1127 Background: The combination of capecitabine plus intravenous vinorelbine has shown substantial activity in anthracycline and/or taxane pretreated patients with metastatic breast cancer (MBC). The metronomic administration may be associated with reduced toxicity and enhanced efficacy. We conducted a phase I study to determine the maximum tolerated dose (MTD) and dose limiting toxicities (DLT) of capecitabine plus oral vinorelbine administered metronomically in patients with MBC. Methods: Patients were treated with vinorelbine (30–60 mg total dose) p.o three times per week continuously and capecitabine (800–1250 mg/m2 twice a day) from day 1 to 14 in three week cycles. DLT was defined during the first cycle as grade (G) 4 neutropenia or thrombocytopenia, febrile neutropenia, any ≥ G 3 non-hematological toxicity, and any delay of treatment due to toxicity. Results: To date 27 patients have been enrolled on 7 different dose levels. Treatment was first line for 16 and second line for 11 patients. DLTs included G3 febrile neutropenia and treatment delay due to G2 neutropenia occurring in 1 patient each, at dose level 4 and G3 diarrhea and treatment delay due to G2 neutropenia in 1 patient each, at dose level 7. The MTD has not yet been reached.

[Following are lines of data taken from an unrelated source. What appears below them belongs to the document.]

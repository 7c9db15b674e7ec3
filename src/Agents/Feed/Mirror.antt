-- ===== src/Agents/Feed/Mirror.antt =====
-- What the steps of an agent keep: the bus and the log mirror its state.
use cordyceps.Common.{
  ℕ, ◌≡◌, refl, sym, ap, ◌∙◌, Bool, true, false, Option, none, some, List, [], ◌∷◌, ◌++◌,
  append-nil, arith,
}
use cordyceps.Agents.Types.{exited, AssistantMessage}
use cordyceps.Agents.Feed.{
  State, Emission, published, output, reported, told, blocked, idled, ended, Agent, new_agent,
  with_status, finish,
}
use cordyceps.Agents.Feed.Steps.{
  is_plain, Step, publishes, emits, tells, exits, Steps, stays, then_step,
}

abbrev pub to_list : Option ℕ → List ℕ
to_list none = []
to_list (some c) = c ∷ []

abbrev pub is_some : Option ℕ → Bool
is_some none = false
is_some (some c) = true

no_exit : (o : Option ℕ) → is_some o ≡ false → o ≡ none
no_exit none h = refl
no_exit (some c) h = absurd (ground (arith, h))

module _ {R : Type 0} where
  -- What a log says of the messages, of the last state and of the exits.
  abbrev pub messages_of : List (Emission R) → List AssistantMessage
  messages_of [] = []
  messages_of (told m ∷ es) = m ∷ messages_of es
  messages_of (_ ∷ es) = messages_of es

  abbrev pub last_state : State R → List (Emission R) → State R
  last_state s [] = s
  last_state s (published t ∷ es) = last_state t es
  last_state s (_ ∷ es) = last_state s es

  abbrev pub exits_of : List (Emission R) → List ℕ
  exits_of [] = []
  exits_of (ended c ∷ es) = c ∷ exits_of es
  exits_of (_ ∷ es) = exits_of es

  -- The bus has the agent's state, which is the one published last; the transcript holds the messages
  -- told, in order; the agent has exited just when it has emitted one exit, whose code is its exit
  -- code and the value of the exit promise.
  pub record IsMirrored (a : Agent R) : Type 0 where
    pub bus : a.bus_state ≡ a.state
    pub last : (s : State R) → last_state s a.log ≡ a.state
    pub messages : messages_of a.log ≡ a.transcript
    pub exits : exits_of a.log ≡ to_list a.exit_code
    pub promise : a.resolved ≡ a.exit_code
    pub flag : is_some a.exit_code ≡ a.has_exited

  messages_of-append :
      (es fs : List (Emission R)) → messages_of (es ++ fs) ≡ messages_of es ++ messages_of fs
  messages_of-append [] fs = refl
  messages_of-append (told m ∷ es) fs = ap (◌∷◌ m) (messages_of-append es fs)
  messages_of-append (published s ∷ es) fs = messages_of-append es fs
  messages_of-append (output s ∷ es) fs = messages_of-append es fs
  messages_of-append (reported s ∷ es) fs = messages_of-append es fs
  messages_of-append (blocked s ∷ es) fs = messages_of-append es fs
  messages_of-append (idled s ∷ es) fs = messages_of-append es fs
  messages_of-append (ended s ∷ es) fs = messages_of-append es fs

  exits_of-append : (es fs : List (Emission R)) → exits_of (es ++ fs) ≡ exits_of es ++ exits_of fs
  exits_of-append [] fs = refl
  exits_of-append (ended m ∷ es) fs = ap (◌∷◌ m) (exits_of-append es fs)
  exits_of-append (published s ∷ es) fs = exits_of-append es fs
  exits_of-append (output s ∷ es) fs = exits_of-append es fs
  exits_of-append (reported s ∷ es) fs = exits_of-append es fs
  exits_of-append (blocked s ∷ es) fs = exits_of-append es fs
  exits_of-append (idled s ∷ es) fs = exits_of-append es fs
  exits_of-append (told s ∷ es) fs = exits_of-append es fs

  last_state-append :
      (s : State R) (es fs : List (Emission R))
      → last_state s (es ++ fs) ≡ last_state (last_state s es) fs
  last_state-append s [] fs = refl
  last_state-append s (published t ∷ es) fs = last_state-append t es fs
  last_state-append s (ended m ∷ es) fs = last_state-append s es fs
  last_state-append s (output _ ∷ es) fs = last_state-append s es fs
  last_state-append s (reported _ ∷ es) fs = last_state-append s es fs
  last_state-append s (blocked _ ∷ es) fs = last_state-append s es fs
  last_state-append s (idled _ ∷ es) fs = last_state-append s es fs
  last_state-append s (told _ ∷ es) fs = last_state-append s es fs

  -- A plain emission changes none of the three.
  plain_lem :
      (e : Emission R)
      → is_plain e ≡ true
      → (messages_of (e ∷ []) ≡ [])
        × (exits_of (e ∷ []) ≡ [])
        × ((s : State R) → last_state s (e ∷ []) ≡ s)
  plain_lem (output _) h = (refl, refl, λ s. refl)
  plain_lem (reported _) h = (refl, refl, λ s. refl)
  plain_lem (blocked _) h = (refl, refl, λ s. refl)
  plain_lem (idled _) h = (refl, refl, λ s. refl)
  plain_lem (published _) h = absurd (ground (arith, h))
  plain_lem (told _) h = absurd (ground (arith, h))
  plain_lem (ended _) h = absurd (ground (arith, h))

  finish-IsMirrored :
      (code : ℕ) (a : Agent R) → a.has_exited ≡ false → IsMirrored a → IsMirrored (finish code a)
  unfolding finish
  finish-IsMirrored code a h m =
      let s = with_status exited a.state in
      let l = a.log ++ published s ∷ [] in
      let fresh = no_exit a.exit_code (m.flag ∙ h) in
      record {
        bus = refl;
        last = λ t.
            last_state-append t l (ended code ∷ []) ∙ last_state-append t a.log (published s ∷ []);
        messages =
            messages_of-append l (ended code ∷ [])
            ∙ append-nil (messages_of l)
            ∙ messages_of-append a.log (published s ∷ [])
            ∙ append-nil (messages_of a.log)
            ∙ m.messages;
        exits =
            exits_of-append l (ended code ∷ [])
            ∙ ap (λ x. x ++ code ∷ [])
                (exits_of-append a.log (published s ∷ [])
                  ∙ append-nil (exits_of a.log)
                  ∙ m.exits
                  ∙ ap to_list fresh);
        promise = rw (m.promise ∙ fresh) refl;
        flag = refl;
      }

  Step-IsMirrored : (a b : Agent R) → Step a b → IsMirrored a → IsMirrored b
  Step-IsMirrored a b (publishes s) m = record {
    bus = refl;
    last = λ t. last_state-append t a.log (published s ∷ []);
    messages =
        messages_of-append a.log (published s ∷ []) ∙ append-nil (messages_of a.log) ∙ m.messages;
    exits = exits_of-append a.log (published s ∷ []) ∙ append-nil (exits_of a.log) ∙ m.exits;
    promise = m.promise;
    flag = m.flag;
  }
  Step-IsMirrored a b (emits e h) m =
      let (x, y, z) = plain_lem e h in
      record {
        bus = m.bus;
        last = λ t. last_state-append t a.log (e ∷ []) ∙ z (last_state t a.log) ∙ m.last t;
        messages =
            messages_of-append a.log (e ∷ [])
            ∙ ap (◌++◌ (messages_of a.log)) x
            ∙ append-nil (messages_of a.log)
            ∙ m.messages;
        exits =
            exits_of-append a.log (e ∷ [])
            ∙ ap (◌++◌ (exits_of a.log)) y
            ∙ append-nil (exits_of a.log)
            ∙ m.exits;
        promise = m.promise;
        flag = m.flag;
      }
  Step-IsMirrored a b (tells t) m = record {
    bus = m.bus;
    last = λ s. last_state-append s a.log (told t ∷ []) ∙ m.last s;
    messages = messages_of-append a.log (told t ∷ []) ∙ ap (λ l. l ++ t ∷ []) m.messages;
    exits = exits_of-append a.log (told t ∷ []) ∙ append-nil (exits_of a.log) ∙ m.exits;
    promise = m.promise;
    flag = m.flag;
  }
  Step-IsMirrored a b (exits code h) m = finish-IsMirrored code a h m

  pub new_agent-IsMirrored : (s : State R) → IsMirrored (new_agent s)
  new_agent-IsMirrored s = record {
    bus = refl;
    last = λ t. refl;
    messages = refl;
    exits = refl;
    promise = refl;
    flag = refl;
  }

  pub Steps-IsMirrored : {a b : Agent R} → Steps a b → IsMirrored a → IsMirrored b
  Steps-IsMirrored stays m = m
  Steps-IsMirrored (then_step {b} {c} p s) m = Step-IsMirrored b c s (Steps-IsMirrored p m)

  Step-exit_code :
      (a b : Agent R) (c : ℕ)
      → Step a b
      → IsMirrored a
      → a.exit_code ≡ some c
      → b.exit_code ≡ some c
  unfolding finish
  Step-exit_code a b c (publishes s) m h = h
  Step-exit_code a b c (emits e p) m h = h
  Step-exit_code a b c (tells t) m h = h
  Step-exit_code a b c (exits code n) m h = absurd (ground (arith, sym (ap is_some h) ∙ m.flag, n))

  -- An agent that has an exit code keeps it.
  pub Steps-exit_code :
      {a b : Agent R}
      → Steps a b
      → (c : ℕ) → IsMirrored a
      → a.exit_code ≡ some c
      → b.exit_code ≡ some c
  Steps-exit_code stays c m h = h
  Steps-exit_code (then_step {b} {c = d} p s) c m h =
      Step-exit_code b d c s (Steps-IsMirrored p m) (Steps-exit_code p c m h)
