-- ===== src/Agents/Feed/Waiters.antt =====
-- `waitForMessage` of the controllers: listeners that the next message or a timer takes off. The
-- waiters are numbered as they come.
use cordyceps.Common.{
  ltb, ◌==◌, if◌then◌else◌, Bool-cases, ℕ, ◌+◌, ◌<◌, ◌≡◌, refl, inl, inr, true, false, Option, none,
  some, List, [], ◌∷◌, ◌++◌, arith,
}
use cordyceps.Agents.Types.{AssistantMessage}
use cordyceps.Agents.Exec.{mem, erase}

-- `answers` holds what the promises were settled with: a message, or `none` by the timer.
pub record Waiters : Type 0 where
  pub pending : List ℕ
  pub next : ℕ
  pub answers : List (ℕ × Option AssistantMessage)

abbrev pub no_waiters : Waiters
no_waiters = record { pending = []; next = 0; answers = [] }

unfoldable pub wait : Waiters → Waiters
wait w = record w { pending = w.pending ++ w.next ∷ []; next = w.next + 1 }

abbrev pub answer_all : AssistantMessage → List ℕ → List (ℕ × Option AssistantMessage)
answer_all m [] = []
answer_all m (k ∷ ks) = (k, some m) ∷ answer_all m ks

-- Messages are emitted one by one: the first settles all.
unfoldable pub deliver : List AssistantMessage → Waiters → Waiters
deliver [] w = w
deliver (m ∷ ms) w = record w { pending = []; answers = w.answers ++ answer_all m w.pending }

unfoldable pub expire : ℕ → Waiters → Waiters
expire k w =
    if mem k w.pending
    then record w { pending = erase k w.pending; answers = w.answers ++ (k, none) ∷ [] }
    else w

-- How often a waiter is in a list.
abbrev pub count_in : ℕ → List ℕ → ℕ
count_in k [] = 0
count_in k (j ∷ l) = (if j == k then 1 else 0) + count_in k l

abbrev pub count_answers : ℕ → List (ℕ × Option AssistantMessage) → ℕ
count_answers k [] = 0
count_answers k ((j, a) ∷ l) = (if j == k then 1 else 0) + count_answers k l

-- Every waiter there was waits or was answered, and no waiter twice.
abbrev pub IsFair : Waiters → Type 0
IsFair w =
    (k : ℕ) → count_in k w.pending + count_answers k w.answers ≡ (if ltb k w.next then 1 else 0)

count_in-append : (k : ℕ) (l m : List ℕ) → count_in k (l ++ m) ≡ count_in k l + count_in k m
count_in-append k [] m = omega arith
count_in-append k (j ∷ l) m = ground (arith, count_in-append k l m)

count_answers-append :
    (k : ℕ) (l m : List (ℕ × Option AssistantMessage))
    → count_answers k (l ++ m) ≡ count_answers k l + count_answers k m
count_answers-append k [] m = omega arith
count_answers-append k ((j, a) ∷ l) m = ground (arith, count_answers-append k l m)

count_answers-answer_all :
    (k : ℕ) (m : AssistantMessage) (l : List ℕ) → count_answers k (answer_all m l) ≡ count_in k l
count_answers-answer_all k m [] = refl
count_answers-answer_all k m (j ∷ l) = ground (arith, count_answers-answer_all k m l)

count_in-erase :
    (k j : ℕ) (l : List ℕ) → count_in k (erase j l) ≡ (if j == k then 0 else count_in k l)
count_in-erase k j [] = ground arith
count_in-erase k j (i ∷ l) = ground (arith, count_in-erase k j l)

mem_count : (k : ℕ) (l : List ℕ) → mem k l ≡ true → 0 < count_in k l
mem_count k [] h = absurd (ground (arith, h))
mem_count k (j ∷ l) h = ground (arith, h, mem_count k l)

pub not_mem_count : (k : ℕ) (l : List ℕ) → mem k l ≡ false → count_in k l ≡ 0
not_mem_count k [] h = refl
not_mem_count k (j ∷ l) h = ground (arith, h, not_mem_count k l)

pub no_waiters-IsFair : IsFair no_waiters
no_waiters-IsFair k = ground arith

pub wait-IsFair : (w : Waiters) → IsFair w → IsFair (wait w)
unfolding wait
wait-IsFair w f k = ground (arith, count_in-append k w.pending (w.next ∷ []), f k)

pub deliver-IsFair : (ms : List AssistantMessage) (w : Waiters) → IsFair w → IsFair (deliver ms w)
unfolding deliver
deliver-IsFair [] w f k = f k
deliver-IsFair (m ∷ ms) w f k = omega (
  arith,
  count_answers-append k w.answers (answer_all m w.pending),
  count_answers-answer_all k m w.pending,
  f k,
)

pub expire-IsFair : (k : ℕ) (w : Waiters) → IsFair w → IsFair (expire k w)
unfolding expire
expire-IsFair j w f = elim (Bool-cases (mem j w.pending)) [
  | inl e ↦ rw e (λ k. ground (
    arith,
    f k,
    f j,
    mem_count j w.pending e,
    count_in-erase k j w.pending,
    count_answers-append k w.answers ((j, none) ∷ []),
  ))
  | inr e ↦ rw e f
]

-- Behind its timer a waiter does not wait.
pub expire_answered :
    (k : ℕ) (w : Waiters)
    → IsFair w
    → ltb k w.next ≡ true
    → count_answers k (expire k w).answers ≡ 1
unfolding expire
expire_answered k w f l = elim (Bool-cases (mem k w.pending)) [
  | inl e ↦ rw e (
      ground
        (arith, f k, l, mem_count k w.pending e, count_answers-append k w.answers ((k, none) ∷ [])))
  | inr e ↦ rw e (ground (arith, f k, l, not_mem_count k w.pending e))
]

Hematologic and nonhematological toxicities were generally mild to moderate. Most common were myelosuppression, asthenia, nausea, and diarrhea. Nine objective responses were observed with 2 complete and 7 partial. Conclusions: Vinorelbine 60 mg three times a week in combination with capecitabine 1250mg/m2 twice a day, has been well tolerated. Enrollment is ongoing. Updated data will be presented at the meeting. No significant financial relationships to disclose.